ScotchJul. 06, 2011 – 09:53AM JST

Think before you start assuming that he hit someone. As for the mother looking after the child. She wasn’t the only one looking after the daughter. She had free time. Lots of it. Did this mean she did house work? No. She didn’t do anything. But again that isn’t the point. The point is an argument over a small matter like that is not abuse.

As for both parents being a part of the childs life. Well that was the issue. She was refusing to let him see his daughter or speak to her on the phone. If she let him be the loving dad he always was there wouldn’t have been an issue.

I love Japan. But things like this just make me think the judicial system is one of the most racist in the world.

In May, Japan said the same thing they have said a number of times. They have still not signed the Hague treaties on child abduction/ protection. So one cannot trust that they have decided until they have signed.

There are a number of problems with this story.
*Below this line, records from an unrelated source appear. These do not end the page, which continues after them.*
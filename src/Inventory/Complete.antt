-- ===== src/Inventory/Complete.antt =====
-- completeCount of src/modules/inventory/inventory.service.ts: it returns, and the stock is what was
-- counted.
use openeos_api.Base.{
  ==_eq, ℕ, ◌≡◌, refl, sym, ap, subst, ◌∙◌, inl, inr, ℤ, pos, ◌+ℤ◌, ◌-ℤ◌, max_ℤ, eqb_ℤ, pos_part,
  neg_part, int_laws, arith, Bool, true, false, not, Option, some, some-injective, List, [], ◌∷◌,
  ◌==◌, find_first, get, put, get-put_self, All, Bool-cases,
}
use openeos_api.Entities.{Event, Product, InventoryCount, InventoryCountItem}
use openeos_api.Store.{Store, Env, Result, ok}
use openeos_api.Orders.Stock.{with_stock}
use openeos_api.Inventory.{
  get_event_and_check_permission, find_one_count, save_count, complete_count, holds, uncounted,
  completed, is_in_progress,
}
use openeos_api.Inventory.Reads.{find_one_count_internal-run}
use openeos_api.Inventory.Stock.{put_right, put_right_found, restocked, adjust_items-Adjusted}
use openeos_api.Inventory.Counts.{IsDistinct, IsCounted, IsWellFormed, IsCounted-All}

restocked-absent :
    (pid : ℕ) (is : List InventoryCountItem) (o : Option Product)
    → holds pid is ≡ false
    → restocked pid is o ≡ o
restocked-absent pid [] o h = refl
restocked-absent pid (i ∷ is) o h = elim (Bool-cases (i.product_id == pid)) [
  | inl y ↦ let dead = rw y at h in cc
  | inr n ↦ rw n (restocked-absent pid is o (rw n at h))
]

-- The item of a product is the only one that moves its stock.
restocked-found :
    (pid : ℕ) (is : List InventoryCountItem) (i : InventoryCountItem) (o : Option Product)
    → find_first (λ j. j.product_id == pid) is ≡ some i
    → IsDistinct is
    → restocked pid is o ≡ put_right_found i o
restocked-found pid [] i o h d = cc
restocked-found pid (j ∷ js) i o h d = elim (Bool-cases (j.product_id == pid)) [
  | inl y ↦
      let is_i = some-injective j i (rw y at h) in
      rw (y, is_i)
        (restocked-absent pid js (put_right_found i o) (rw (==_eq j.product_id pid y) at d.0))
  | inr n ↦ rw n (restocked-found pid js i o (rw n at h) d.1)
]

-- What `completeCount` leaves behind.
pub record Completed (env : Env) (cid uid : ℕ) (c : InventoryCount) (s : Store)
    (r : Result InventoryCount × Store) : Type 0 where
  pub returned : r.0 ≡ ok (completed env uid c)
  pub stored : get cid r.1.inventory_counts ≡ some (completed env uid c)
  pub stock : (pid : ℕ) → get pid r.1.products ≡ restocked pid c.items (get pid s.products)

-- completeCount by a caller who may manage the inventory, on a count of the event that is in progress
-- and whose items are all counted: it returns the count as completed, stores it, and makes the stock of
-- every product what its items put right, one after the other.
pub complete_count_lem :
    (env : Env) (eid cid uid : ℕ) (e : Event) (c : InventoryCount) (s : Store)
    → get_event_and_check_permission eid uid s ≡ (ok e, s)
    → get cid s.inventory_counts ≡ some c
    → c.event_id ≡ eid
    → is_in_progress c.status ≡ true
    → uncounted c.items ≡ false
    → Completed env cid uid c s (complete_count env eid cid uid s)
unfolding complete_count save_count find_one_count
complete_count_lem env eid cid uid e c s permitted found own running done =
    let begun = find_one_count_internal-run eid cid c s found own in
    let adjusted = adjust_items-Adjusted eid cid uid c.items s in
    let counts = put cid (completed env uid c) s.inventory_counts in
    let again =
      find_one_count_internal-run eid cid (completed env uid c)
        (record s {
          products = adjusted.products;
          movements = adjusted.movements;
          inventory_counts = counts;
        })
        (get-put_self cid (completed env uid c) s.inventory_counts) own in
    rw (permitted, begun, running, done, adjusted.run, again)
      (record {
        returned = refl;
        stored = get-put_self cid (completed env uid c) s.inventory_counts;
        stock = adjusted.stock;
      })

max_pos : (n : ℕ) → max_ℤ (pos 0) (pos n) ≡ pos n
unfolding max_ℤ
max_pos n = ground arith

back_to : (b : ℤ) (n : ℕ) → b +ℤ (pos n -ℤ b) ≡ pos n
back_to b n = omega int_laws

counted_up : (a b : ℤ) (n : ℕ) → b ≡ a → max_ℤ (pos 0) (a +ℤ (pos n -ℤ b)) ≡ pos n
counted_up a b n h = rw (h, back_to a n) (max_pos n)

eq_zero : (d : ℤ) → not (eqb_ℤ d (pos 0)) ≡ false → d ≡ pos 0
eq_zero d h = ground arith

same_as : (n : ℕ) (b : ℤ) → pos n -ℤ b ≡ pos 0 → b ≡ pos n
same_as n b h = omega (int_laws, ap pos_part h, ap neg_part h)

-- An item that expected what is in stock makes it what was counted.
put_right-counted :
    (i : InventoryCountItem) (p : Product) (n : ℕ)
    → i.expected_quantity ≡ p.stock_quantity
    → i.difference ≡ some (pos n -ℤ i.expected_quantity)
    → put_right i p ≡ with_stock p (pos n)
put_right-counted i p n expected difference =
    elim (Bool-cases (not (eqb_ℤ (pos n -ℤ i.expected_quantity) (pos 0)))) [
      | inl y ↦ rw (difference, y, counted_up p.stock_quantity i.expected_quantity n expected) refl
      | inr h ↦
          rw (difference, h)
            (ap (with_stock p) (
              sym expected
              ∙ same_as n i.expected_quantity (eq_zero (pos n -ℤ i.expected_quantity) h)))
    ]

all_at :
    (q : InventoryCountItem → Bool) (P : InventoryCountItem → Type 0) (is : List InventoryCountItem)
    (i : InventoryCountItem)
    → find_first q is ≡ some i
    → All P is
    → P i
all_at q P [] i h a = cc
all_at q P (j ∷ js) i h a = elim (Bool-cases (q j)) [
  | inl y ↦ subst P (some-injective j i (rw y at h)) a.0
  | inr n ↦ all_at q P js i (rw n at h) a.1
]

-- A completed count sets the stock to what was counted: for a well-formed count in progress of the
-- event whose items are all counted, completed by a caller who may manage the inventory, a product
-- whose item expected the quantity that is still in stock has the counted quantity in stock afterwards.
pub complete_count-stock :
    (env : Env) (eid cid uid pid n : ℕ) (e : Event) (c : InventoryCount) (i : InventoryCountItem)
    (p : Product) (s : Store)
    → get_event_and_check_permission eid uid s ≡ (ok e, s)
    → get cid s.inventory_counts ≡ some c
    → c.event_id ≡ eid
    → is_in_progress c.status ≡ true
    → uncounted c.items ≡ false
    → IsWellFormed c
    → find_first (λ j. j.product_id == pid) c.items ≡ some i
    → i.counted_quantity ≡ some n
    → get pid s.products ≡ some p
    → i.expected_quantity ≡ p.stock_quantity
    → ((complete_count env eid cid uid s).0 ≡ ok (completed env uid c))
      × (get pid (complete_count env eid cid uid s).1.products ≡ some (with_stock p (pos n)))
complete_count-stock env eid cid uid pid n e c i p s permitted found own running done w here
      is_counted in_stock expected =
    let result = complete_count_lem env eid cid uid e c s permitted found own running done in
    let (m, is_m, difference) =
      all_at _ IsCounted c.items i here (IsCounted-All c.items w.consistent done) in
    let same = some-injective m n (sym is_m ∙ is_counted) in
    (
      result.returned,
      result.stock pid
          ∙ restocked-found pid c.items i (get pid s.products) here w.distinct
          ∙ ap (put_right_found i) in_stock
          ∙ ap some (
              put_right-counted i p n expected
                (difference ∙ ap (λ k. some (pos k -ℤ i.expected_quantity)) same)),
    )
Why did it take so long for the media to report on this story? It happened in November of last year. Why isn’t the Mexican government complaining more? Does this judge know about the 1000’s of other abduction cases? If so why is it selfish for the father to take his son home to Mexico. That is the excuse Japanese women use when the come home to Japan. We have been hearing for over 10 years Japan will sign the Hague. The GOJ can’t be trusted to sign and/or ratify this convention. Judges needed to be educated on this issue because I am pretty sure most judges know nothing about the UNCRC, the Hague, and the problems related to international child abduction, and denial of access to loving parents.